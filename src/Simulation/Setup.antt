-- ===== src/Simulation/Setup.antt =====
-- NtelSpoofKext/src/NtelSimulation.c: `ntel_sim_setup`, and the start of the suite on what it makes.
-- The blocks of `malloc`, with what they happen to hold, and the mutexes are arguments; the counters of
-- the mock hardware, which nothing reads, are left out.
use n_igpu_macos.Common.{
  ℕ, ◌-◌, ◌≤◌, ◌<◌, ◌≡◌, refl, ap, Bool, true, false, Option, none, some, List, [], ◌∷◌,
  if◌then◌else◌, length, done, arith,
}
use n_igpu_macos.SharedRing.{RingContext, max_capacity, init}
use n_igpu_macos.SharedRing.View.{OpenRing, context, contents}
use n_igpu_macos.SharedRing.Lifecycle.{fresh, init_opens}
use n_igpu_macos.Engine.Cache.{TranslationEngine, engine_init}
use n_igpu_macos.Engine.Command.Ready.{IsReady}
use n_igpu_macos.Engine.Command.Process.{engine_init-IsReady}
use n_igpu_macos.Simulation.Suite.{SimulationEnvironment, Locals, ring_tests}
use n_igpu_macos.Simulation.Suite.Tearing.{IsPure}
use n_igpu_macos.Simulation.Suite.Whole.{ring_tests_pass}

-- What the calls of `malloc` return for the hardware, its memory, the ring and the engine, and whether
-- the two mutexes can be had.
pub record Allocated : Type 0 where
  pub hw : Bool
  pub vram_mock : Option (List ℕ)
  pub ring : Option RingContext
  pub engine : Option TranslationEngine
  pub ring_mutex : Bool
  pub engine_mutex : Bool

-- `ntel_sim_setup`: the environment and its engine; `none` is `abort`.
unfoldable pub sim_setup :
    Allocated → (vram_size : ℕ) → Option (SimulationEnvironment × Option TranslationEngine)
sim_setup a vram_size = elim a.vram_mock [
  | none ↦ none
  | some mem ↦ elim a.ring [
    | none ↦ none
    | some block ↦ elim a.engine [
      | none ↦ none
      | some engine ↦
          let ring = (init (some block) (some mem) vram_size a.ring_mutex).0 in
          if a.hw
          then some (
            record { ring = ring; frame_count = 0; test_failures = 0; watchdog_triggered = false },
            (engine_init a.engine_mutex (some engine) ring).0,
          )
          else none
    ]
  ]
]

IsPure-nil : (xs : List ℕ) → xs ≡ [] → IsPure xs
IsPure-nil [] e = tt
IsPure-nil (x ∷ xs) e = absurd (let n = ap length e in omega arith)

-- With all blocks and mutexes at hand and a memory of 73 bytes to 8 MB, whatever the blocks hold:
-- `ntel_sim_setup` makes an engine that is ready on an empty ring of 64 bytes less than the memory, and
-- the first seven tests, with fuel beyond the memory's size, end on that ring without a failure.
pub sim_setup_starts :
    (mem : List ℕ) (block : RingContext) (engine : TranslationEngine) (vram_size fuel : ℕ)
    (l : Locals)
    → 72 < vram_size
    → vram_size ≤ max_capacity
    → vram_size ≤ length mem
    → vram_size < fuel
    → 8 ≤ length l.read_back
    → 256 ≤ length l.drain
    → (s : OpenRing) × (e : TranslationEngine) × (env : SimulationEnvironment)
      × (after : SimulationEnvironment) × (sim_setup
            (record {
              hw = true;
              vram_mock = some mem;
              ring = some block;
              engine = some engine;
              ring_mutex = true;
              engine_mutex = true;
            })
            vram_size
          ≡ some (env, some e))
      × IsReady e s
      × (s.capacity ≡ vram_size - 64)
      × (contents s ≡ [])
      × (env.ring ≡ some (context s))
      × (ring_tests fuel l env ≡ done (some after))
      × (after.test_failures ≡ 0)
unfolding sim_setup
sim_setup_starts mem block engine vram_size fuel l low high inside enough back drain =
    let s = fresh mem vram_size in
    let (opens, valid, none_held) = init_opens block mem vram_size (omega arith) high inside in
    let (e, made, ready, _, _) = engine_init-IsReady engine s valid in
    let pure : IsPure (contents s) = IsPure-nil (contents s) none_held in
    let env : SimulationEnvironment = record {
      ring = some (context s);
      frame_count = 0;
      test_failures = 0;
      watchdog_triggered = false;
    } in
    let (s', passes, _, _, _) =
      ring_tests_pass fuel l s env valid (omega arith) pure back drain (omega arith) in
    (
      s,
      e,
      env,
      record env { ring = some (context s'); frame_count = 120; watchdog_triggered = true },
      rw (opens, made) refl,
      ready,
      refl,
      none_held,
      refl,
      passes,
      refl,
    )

____________

== AIM OF THE EXERCISE ==
Each record above has to be printed again, word for word.

== RESULT OF THIS TASK ==
filename src/Simulation/Setup.antt
-- ===== src/Simulation/Setup.antt =====
-- NtelSpoofKext/src/NtelSimulation.c: `ntel_sim_setup`, and the start of the suite on what it makes.
-- The blocks of `malloc`, with what they happen to hold, and the mutexes are arguments; the counters of
-- the mock hardware, which nothing reads, are left out.
use n_igpu_macos.Common.{
  ℕ, ◌-◌, ◌≤◌, ◌<◌, ◌≡◌, refl, ap, Bool, true, false, Option, none, some, List, [], ◌∷◌,
  if◌then◌else◌, length, done, arith,
}
use n_igpu_macos.SharedRing.{RingContext, max_capacity, init}
use n_igpu_macos.SharedRing.View.{OpenRing, context, contents}
use n_igpu_macos.SharedRing.Lifecycle.{fresh, init_opens}
use n_igpu_macos.Engine.Cache.{TranslationEngine, engine_init}
use n_igpu_macos.Engine.Command.Ready.{IsReady}
use n_igpu_macos.Engine.Command.Process.{engine_init-IsReady}
use n_igpu_macos.Simulation.Suite.{SimulationEnvironment, Locals, ring_tests}
use n_igpu_macos.Simulation.Suite.Tearing.{IsPure}
use n_igpu_macos.Simulation.Suite.Whole.{ring_tests_pass}

-- What the calls of `malloc` return for the hardware, its memory, the ring and the engine, and whether
-- the two mutexes can be had.
pub record Allocated : Type 0 where
  pub hw : Bool
  pub vram_mock : Option (List ℕ)
  pub ring : Option RingContext
  pub engine : Option TranslationEngine
  pub ring_mutex : Bool
  pub engine_mutex : Bool

-- `ntel_sim_setup`: the environment and its engine; `none` is `abort`.
unfoldable pub sim_setup :
    Allocated → (vram_size : ℕ) → Option (SimulationEnvironment × Option TranslationEngine)
sim_setup a vram_size = elim a.vram_mock [
  | none ↦ none
  | some mem ↦ elim a.ring [
    | none ↦ none
    | some block ↦ elim a.engine [
      | none ↦ none
      | some engine ↦
          let ring = (init (some block) (some mem) vram_size a.ring_mutex).0 in
          if a.hw
          then some (
            record { ring = ring; frame_count = 0; test_failures = 0; watchdog_triggered = false },
            (engine_init a.engine_mutex (some engine) ring).0,
          )
          else none
    ]
  ]
]

IsPure-nil : (xs : List ℕ) → xs ≡ [] → IsPure xs
IsPure-nil [] e = tt
IsPure-nil (x ∷ xs) e = absurd (let n = ap length e in omega arith)

-- With all blocks and mutexes at hand and a memory of 73 bytes to 8 MB, whatever the blocks hold:
-- `ntel_sim_setup` makes an engine that is ready on an empty ring of 64 bytes less than the memory, and
-- the first seven tests, with fuel beyond the memory's size, end on that ring without a failure.
pub sim_setup_starts :
    (mem : List ℕ) (block : RingContext) (engine : TranslationEngine) (vram_size fuel : ℕ)
    (l : Locals)
    → 72 < vram_size
    → vram_size ≤ max_capacity
    → vram_size ≤ length mem
    → vram_size < fuel
    → 8 ≤ length l.read_back
    → 256 ≤ length l.drain
    → (s : OpenRing) × (e : TranslationEngine) × (env : SimulationEnvironment)
      × (after : SimulationEnvironment) × (sim_setup
            (record {
              hw = true;
              vram_mock = some mem;
              ring = some block;
              engine = some engine;
              ring_mutex = true;
              engine_mutex = true;
            })
            vram_size
          ≡ some (env, some e))
      × IsReady e s
      × (s.capacity ≡ vram_size - 64)
      × (contents s ≡ [])
      × (env.ring ≡ some (context s))
      × (ring_tests fuel l env ≡ done (some after))
      × (after.test_failures ≡ 0)
unfolding sim_setup
sim_setup_starts mem block engine vram_size fuel l low high inside enough back drain =
    let s = fresh mem vram_size in
    let (opens, valid, none_held) = init_opens block mem vram_size (omega arith) high inside in
    let (e, made, ready, _, _) = engine_init-IsReady engine s valid in
    let pure : IsPure (contents s) = IsPure-nil (contents s) none_held in
    let env : SimulationEnvironment = record {
      ring = some (context s);
      frame_count = 0;
      test_failures = 0;
      watchdog_triggered = false;
    } in
    let (s', passes, _, _, _) =
      ring_tests_pass fuel l s env valid (omega arith) pure back drain (omega arith) in
    (
      s,
      e,
      env,
      record env { ring = some (context s'); frame_count = 120; watchdog_triggered = true },
      rw (opens, made) refl,
      ready,
      refl,
      none_held,
      refl,
      passes,
      refl,
    )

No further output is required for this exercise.